Print every one of the records verbatim, omitting nothing.

INPUT DATA -
=== Begin Enclosure ===

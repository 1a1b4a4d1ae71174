-- ===== src/Tests/Writing.antt =====
-- Tests of internal/growthbook: what is written, and what is merged.
use k8sgrowthbook_controller.Prelude.{true, not, ◌≡◌, refl, none, some, str}
use k8sgrowthbook_controller.Prelude.{text_eq}
use k8sgrowthbook_controller.Prelude.Dict.{Dict, lookup, insert, lookup-nil}
use k8sgrowthbook_controller.Prelude.Options.{is_some}
use k8sgrowthbook_controller.Api
use k8sgrowthbook_controller.Documents.Feature.{EnvironmentSetting, empty_feature}
use k8sgrowthbook_controller.Effects.Monitors.{Obeys}
use k8sgrowthbook_controller.Effects.Traces.{Ensures, Always}
use k8sgrowthbook_controller.Growthbook.User.{update_user, set_password}
use k8sgrowthbook_controller.Growthbook.Feature.{update_feature, merge_environments}
use k8sgrowthbook_controller.Growthbook.Feature.{entries, overlay, from_v1beta1}
use k8sgrowthbook_controller.Growthbook.Feature.{convert_rule, convert_rules, convert_environments}
use k8sgrowthbook_controller.Growthbook.Feature.{convert_environment}
use k8sgrowthbook_controller.Growthbook.SdkConnection.{update_sdk_connection}
use k8sgrowthbook_controller.Updates.Upserts.{nothing_yet, AnyEnd}
use k8sgrowthbook_controller.Updates.Connections.{Cleared}
use k8sgrowthbook_controller.Updates.Users.{user_writes, update_user_writes}
use k8sgrowthbook_controller.Updates.Features.{feature_writes, update_feature_writes}
use k8sgrowthbook_controller.Updates.Connections.{connection_writes, update_sdk_connection_writes}
use k8sgrowthbook_controller.Merging.Environments.{merged_over, lookup-merge_environments}
use k8sgrowthbook_controller.Merging.Settling.{overlay_settles}
use k8sgrowthbook_controller.Merging.Conversion.{is_some-from_v1beta1, has_dangling}
use k8sgrowthbook_controller.Keys.Passwords.{Anything, HasPassword, set_password-HasPassword}
use k8sgrowthbook_controller.Tests.Fixtures.{externals, db, user_ann}
use k8sgrowthbook_controller.Tests.Fixtures.{connection_web, feature_dark_mode, existing_dark_mode}
use k8sgrowthbook_controller.Tests.Fixtures.{dark_mode}

update_user_writes_example :
    Obeys (user_writes user_ann db) AnyEnd nothing_yet (update_user user_ann db)
update_user_writes_example = update_user_writes user_ann db

update_feature_writes_example :
    Obeys
      (feature_writes feature_dark_mode db)
      AnyEnd
      nothing_yet
      (update_feature feature_dark_mode db)
update_feature_writes_example =
    update_feature_writes feature_dark_mode db (lookup-nil (str "dev"), tt)

update_sdk_connection_writes_example :
    Obeys
      (connection_writes connection_web db)
      Cleared
      nothing_yet
      (update_sdk_connection connection_web db)
update_sdk_connection_writes_example = update_sdk_connection_writes connection_web db

set_password-HasPassword_example :
    Ensures Anything
      (HasPassword externals.scrypt_key user_ann (str "secret"))
      Always
      (set_password externals.scrypt_key user_ann db (str "secret"))
set_password-HasPassword_example =
    set_password-HasPassword externals.scrypt_key user_ann (str "secret") db

abbrev before : Dict EnvironmentSetting
before = entries existing_dark_mode.environment_settings

abbrev wanted : Dict EnvironmentSetting
wanted = entries feature_dark_mode.environment_settings

lookup-merge_environments_example :
    lookup (str "prod") (merge_environments before wanted)
    ≡ merged_over (lookup (str "prod") before) (lookup (str "prod") wanted)
lookup-merge_environments_example =
    lookup-merge_environments (str "prod") before wanted (lookup-nil (str "dev"), tt)

-- The specification's settings, converted.
pub converted :
    from_v1beta1 externals.parse_float empty_feature (dark_mode none) ≡ some feature_dark_mode
unfolding from_v1beta1 convert_environments convert_environment convert_rules convert_rule
    Api.Feature.get_id Api.Meta.or_name insert
converted = refl

overlay_settles_example :
    overlay (overlay existing_dark_mode feature_dark_mode) feature_dark_mode
    ≡ overlay existing_dark_mode feature_dark_mode
overlay_settles_example =
    overlay_settles externals.parse_float empty_feature feature_dark_mode existing_dark_mode
      (dark_mode none) converted

is_some-from_v1beta1_example :
    is_some (from_v1beta1 externals.parse_float empty_feature (dark_mode (some (str "2"))))
    ≡ not (has_dangling (dark_mode (some (str "2"))).spec.environments)
is_some-from_v1beta1_example =
    is_some-from_v1beta1 externals.parse_float empty_feature (dark_mode (some (str "2")))

-- A bucket version without a minimal one does panic.
bucket_version_panics : has_dangling (dark_mode (some (str "2"))).spec.environments ≡ true
unfolding has_dangling
bucket_version_panics = refl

=== End Enclosure ===

SOLUTION TO THIS EXERCISE -
repository 1a1b4a4d1ae71174
-- ===== src/Tests/Writing.antt =====
-- Tests of internal/growthbook: what is written, and what is merged.
use k8sgrowthbook_controller.Prelude.{true, not, ◌≡◌, refl, none, some, str}
use k8sgrowthbook_controller.Prelude.{text_eq}
use k8sgrowthbook_controller.Prelude.Dict.{Dict, lookup, insert, lookup-nil}
use k8sgrowthbook_controller.Prelude.Options.{is_some}
use k8sgrowthbook_controller.Api
use k8sgrowthbook_controller.Documents.Feature.{EnvironmentSetting, empty_feature}
use k8sgrowthbook_controller.Effects.Monitors.{Obeys}
use k8sgrowthbook_controller.Effects.Traces.{Ensures, Always}
use k8sgrowthbook_controller.Growthbook.User.{update_user, set_password}
use k8sgrowthbook_controller.Growthbook.Feature.{update_feature, merge_environments}
use k8sgrowthbook_controller.Growthbook.Feature.{entries, overlay, from_v1beta1}
use k8sgrowthbook_controller.Growthbook.Feature.{convert_rule, convert_rules, convert_environments}
use k8sgrowthbook_controller.Growthbook.Feature.{convert_environment}
use k8sgrowthbook_controller.Growthbook.SdkConnection.{update_sdk_connection}
use k8sgrowthbook_controller.Updates.Upserts.{nothing_yet, AnyEnd}
use k8sgrowthbook_controller.Updates.Connections.{Cleared}
use k8sgrowthbook_controller.Updates.Users.{user_writes, update_user_writes}
use k8sgrowthbook_controller.Updates.Features.{feature_writes, update_feature_writes}
use k8sgrowthbook_controller.Updates.Connections.{connection_writes, update_sdk_connection_writes}
use k8sgrowthbook_controller.Merging.Environments.{merged_over, lookup-merge_environments}
use k8sgrowthbook_controller.Merging.Settling.{overlay_settles}
use k8sgrowthbook_controller.Merging.Conversion.{is_some-from_v1beta1, has_dangling}
use k8sgrowthbook_controller.Keys.Passwords.{Anything, HasPassword, set_password-HasPassword}
use k8sgrowthbook_controller.Tests.Fixtures.{externals, db, user_ann}
use k8sgrowthbook_controller.Tests.Fixtures.{connection_web, feature_dark_mode, existing_dark_mode}
use k8sgrowthbook_controller.Tests.Fixtures.{dark_mode}

update_user_writes_example :
    Obeys (user_writes user_ann db) AnyEnd nothing_yet (update_user user_ann db)
update_user_writes_example = update_user_writes user_ann db

update_feature_writes_example :
    Obeys
      (feature_writes feature_dark_mode db)
      AnyEnd
      nothing_yet
      (update_feature feature_dark_mode db)
update_feature_writes_example =
    update_feature_writes feature_dark_mode db (lookup-nil (str "dev"), tt)

update_sdk_connection_writes_example :
    Obeys
      (connection_writes connection_web db)
      Cleared
      nothing_yet
      (update_sdk_connection connection_web db)
update_sdk_connection_writes_example = update_sdk_connection_writes connection_web db

set_password-HasPassword_example :
    Ensures Anything
      (HasPassword externals.scrypt_key user_ann (str "secret"))
      Always
      (set_password externals.scrypt_key user_ann db (str "secret"))
set_password-HasPassword_example =
    set_password-HasPassword externals.scrypt_key user_ann (str "secret") db

abbrev before : Dict EnvironmentSetting
before = entries existing_dark_mode.environment_settings

abbrev wanted : Dict EnvironmentSetting
wanted = entries feature_dark_mode.environment_settings

lookup-merge_environments_example :
    lookup (str "prod") (merge_environments before wanted)
    ≡ merged_over (lookup (str "prod") before) (lookup (str "prod") wanted)
lookup-merge_environments_example =
    lookup-merge_environments (str "prod") before wanted (lookup-nil (str "dev"), tt)

-- The specification's settings, converted.
pub converted :
    from_v1beta1 externals.parse_float empty_feature (dark_mode none) ≡ some feature_dark_mode
unfolding from_v1beta1 convert_environments convert_environment convert_rules convert_rule
    Api.Feature.get_id Api.Meta.or_name insert
converted = refl

overlay_settles_example :
    overlay (overlay existing_dark_mode feature_dark_mode) feature_dark_mode
    ≡ overlay existing_dark_mode feature_dark_mode
overlay_settles_example =
    overlay_settles externals.parse_float empty_feature feature_dark_mode existing_dark_mode
      (dark_mode none) converted

is_some-from_v1beta1_example :
    is_some (from_v1beta1 externals.parse_float empty_feature (dark_mode (some (str "2"))))
    ≡ not (has_dangling (dark_mode (some (str "2"))).spec.environments)
is_some-from_v1beta1_example =
    is_some-from_v1beta1 externals.parse_float empty_feature (dark_mode (some (str "2")))

-- A bucket version without a minimal one does panic.
bucket_version_panics : has_dangling (dark_mode (some (str "2"))).spec.environments ≡ true
unfolding has_dangling
bucket_version_panics = refl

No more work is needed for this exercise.